== Input records ==
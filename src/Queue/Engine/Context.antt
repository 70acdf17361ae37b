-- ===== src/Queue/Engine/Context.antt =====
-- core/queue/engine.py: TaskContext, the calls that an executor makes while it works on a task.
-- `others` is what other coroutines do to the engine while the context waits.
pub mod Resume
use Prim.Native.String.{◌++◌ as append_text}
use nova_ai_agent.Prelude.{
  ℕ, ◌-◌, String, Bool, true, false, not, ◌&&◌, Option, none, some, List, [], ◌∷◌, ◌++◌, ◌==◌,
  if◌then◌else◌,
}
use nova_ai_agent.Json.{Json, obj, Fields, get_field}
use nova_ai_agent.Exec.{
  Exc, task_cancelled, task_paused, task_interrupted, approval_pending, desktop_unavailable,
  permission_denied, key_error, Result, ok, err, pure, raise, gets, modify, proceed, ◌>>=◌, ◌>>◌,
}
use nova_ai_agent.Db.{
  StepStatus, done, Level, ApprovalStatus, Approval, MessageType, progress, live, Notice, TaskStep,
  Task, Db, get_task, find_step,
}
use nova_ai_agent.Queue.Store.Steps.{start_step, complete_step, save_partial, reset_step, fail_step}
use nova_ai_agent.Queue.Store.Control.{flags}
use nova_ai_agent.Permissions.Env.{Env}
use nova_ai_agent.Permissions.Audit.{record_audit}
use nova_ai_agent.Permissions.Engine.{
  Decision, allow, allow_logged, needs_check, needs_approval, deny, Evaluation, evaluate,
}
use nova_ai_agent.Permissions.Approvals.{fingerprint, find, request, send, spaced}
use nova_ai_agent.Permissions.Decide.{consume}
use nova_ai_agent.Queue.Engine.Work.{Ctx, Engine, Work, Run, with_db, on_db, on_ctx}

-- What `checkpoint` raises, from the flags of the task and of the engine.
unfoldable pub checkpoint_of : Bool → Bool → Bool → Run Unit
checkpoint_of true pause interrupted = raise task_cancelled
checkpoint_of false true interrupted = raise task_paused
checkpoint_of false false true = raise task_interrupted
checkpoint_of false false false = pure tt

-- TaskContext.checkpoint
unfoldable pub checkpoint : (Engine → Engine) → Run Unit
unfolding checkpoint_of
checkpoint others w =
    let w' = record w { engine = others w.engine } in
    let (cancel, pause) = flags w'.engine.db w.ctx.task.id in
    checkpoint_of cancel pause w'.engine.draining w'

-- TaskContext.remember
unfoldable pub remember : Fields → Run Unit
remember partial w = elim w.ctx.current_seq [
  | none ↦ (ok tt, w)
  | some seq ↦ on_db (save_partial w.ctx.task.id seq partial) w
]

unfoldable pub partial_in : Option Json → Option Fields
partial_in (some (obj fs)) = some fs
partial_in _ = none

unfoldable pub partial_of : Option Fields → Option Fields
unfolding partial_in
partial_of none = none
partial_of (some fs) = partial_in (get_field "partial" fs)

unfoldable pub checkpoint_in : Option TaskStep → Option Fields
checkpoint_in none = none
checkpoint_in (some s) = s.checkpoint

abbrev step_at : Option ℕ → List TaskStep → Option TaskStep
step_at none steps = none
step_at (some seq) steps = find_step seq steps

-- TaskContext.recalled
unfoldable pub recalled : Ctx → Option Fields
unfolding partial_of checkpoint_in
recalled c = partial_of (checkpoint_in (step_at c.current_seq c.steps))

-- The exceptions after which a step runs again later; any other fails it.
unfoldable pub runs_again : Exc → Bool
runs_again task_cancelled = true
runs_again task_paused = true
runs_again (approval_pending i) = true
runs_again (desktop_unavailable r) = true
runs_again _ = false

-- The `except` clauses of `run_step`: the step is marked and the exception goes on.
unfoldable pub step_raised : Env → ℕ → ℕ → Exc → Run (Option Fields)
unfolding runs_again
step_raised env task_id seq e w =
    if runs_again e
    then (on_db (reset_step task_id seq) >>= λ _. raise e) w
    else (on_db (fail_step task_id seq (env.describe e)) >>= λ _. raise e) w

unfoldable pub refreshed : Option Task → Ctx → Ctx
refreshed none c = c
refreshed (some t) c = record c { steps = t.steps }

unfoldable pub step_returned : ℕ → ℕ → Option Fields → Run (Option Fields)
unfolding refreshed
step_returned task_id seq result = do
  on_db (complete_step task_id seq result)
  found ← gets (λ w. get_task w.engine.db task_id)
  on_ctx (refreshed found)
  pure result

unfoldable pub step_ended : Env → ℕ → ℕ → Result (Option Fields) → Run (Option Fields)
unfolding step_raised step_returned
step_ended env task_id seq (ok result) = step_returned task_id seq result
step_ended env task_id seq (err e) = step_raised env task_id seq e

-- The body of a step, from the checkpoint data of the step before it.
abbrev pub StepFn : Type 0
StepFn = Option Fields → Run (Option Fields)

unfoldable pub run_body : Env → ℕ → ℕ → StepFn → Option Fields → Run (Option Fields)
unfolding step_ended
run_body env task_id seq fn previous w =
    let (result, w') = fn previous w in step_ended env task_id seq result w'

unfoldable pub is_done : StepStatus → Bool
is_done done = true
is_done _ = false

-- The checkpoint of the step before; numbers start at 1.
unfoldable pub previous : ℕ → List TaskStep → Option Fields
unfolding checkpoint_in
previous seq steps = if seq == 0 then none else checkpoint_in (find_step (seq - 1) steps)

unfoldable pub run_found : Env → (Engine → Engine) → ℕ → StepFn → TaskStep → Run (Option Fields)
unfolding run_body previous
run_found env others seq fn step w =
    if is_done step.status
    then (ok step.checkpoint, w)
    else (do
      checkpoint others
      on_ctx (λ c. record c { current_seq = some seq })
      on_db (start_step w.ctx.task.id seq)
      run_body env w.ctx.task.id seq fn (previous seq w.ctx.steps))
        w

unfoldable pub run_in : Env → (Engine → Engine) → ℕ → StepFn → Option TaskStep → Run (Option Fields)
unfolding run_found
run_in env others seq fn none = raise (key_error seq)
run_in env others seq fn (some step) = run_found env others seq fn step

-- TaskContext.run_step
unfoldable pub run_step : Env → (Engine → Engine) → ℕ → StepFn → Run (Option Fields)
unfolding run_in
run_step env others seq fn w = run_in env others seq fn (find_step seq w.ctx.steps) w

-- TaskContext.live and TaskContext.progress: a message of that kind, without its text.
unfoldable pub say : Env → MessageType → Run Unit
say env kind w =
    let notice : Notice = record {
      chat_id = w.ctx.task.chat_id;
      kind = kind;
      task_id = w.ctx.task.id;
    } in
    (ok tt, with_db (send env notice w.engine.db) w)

== Problem details ==
Gather each line in the entries above where the string "Json" is found.

== Answer to this problem ==
use nova_ai_agent.Json.{Json, obj, Fields, get_field}
unfoldable pub partial_in : Option Json → Option Fields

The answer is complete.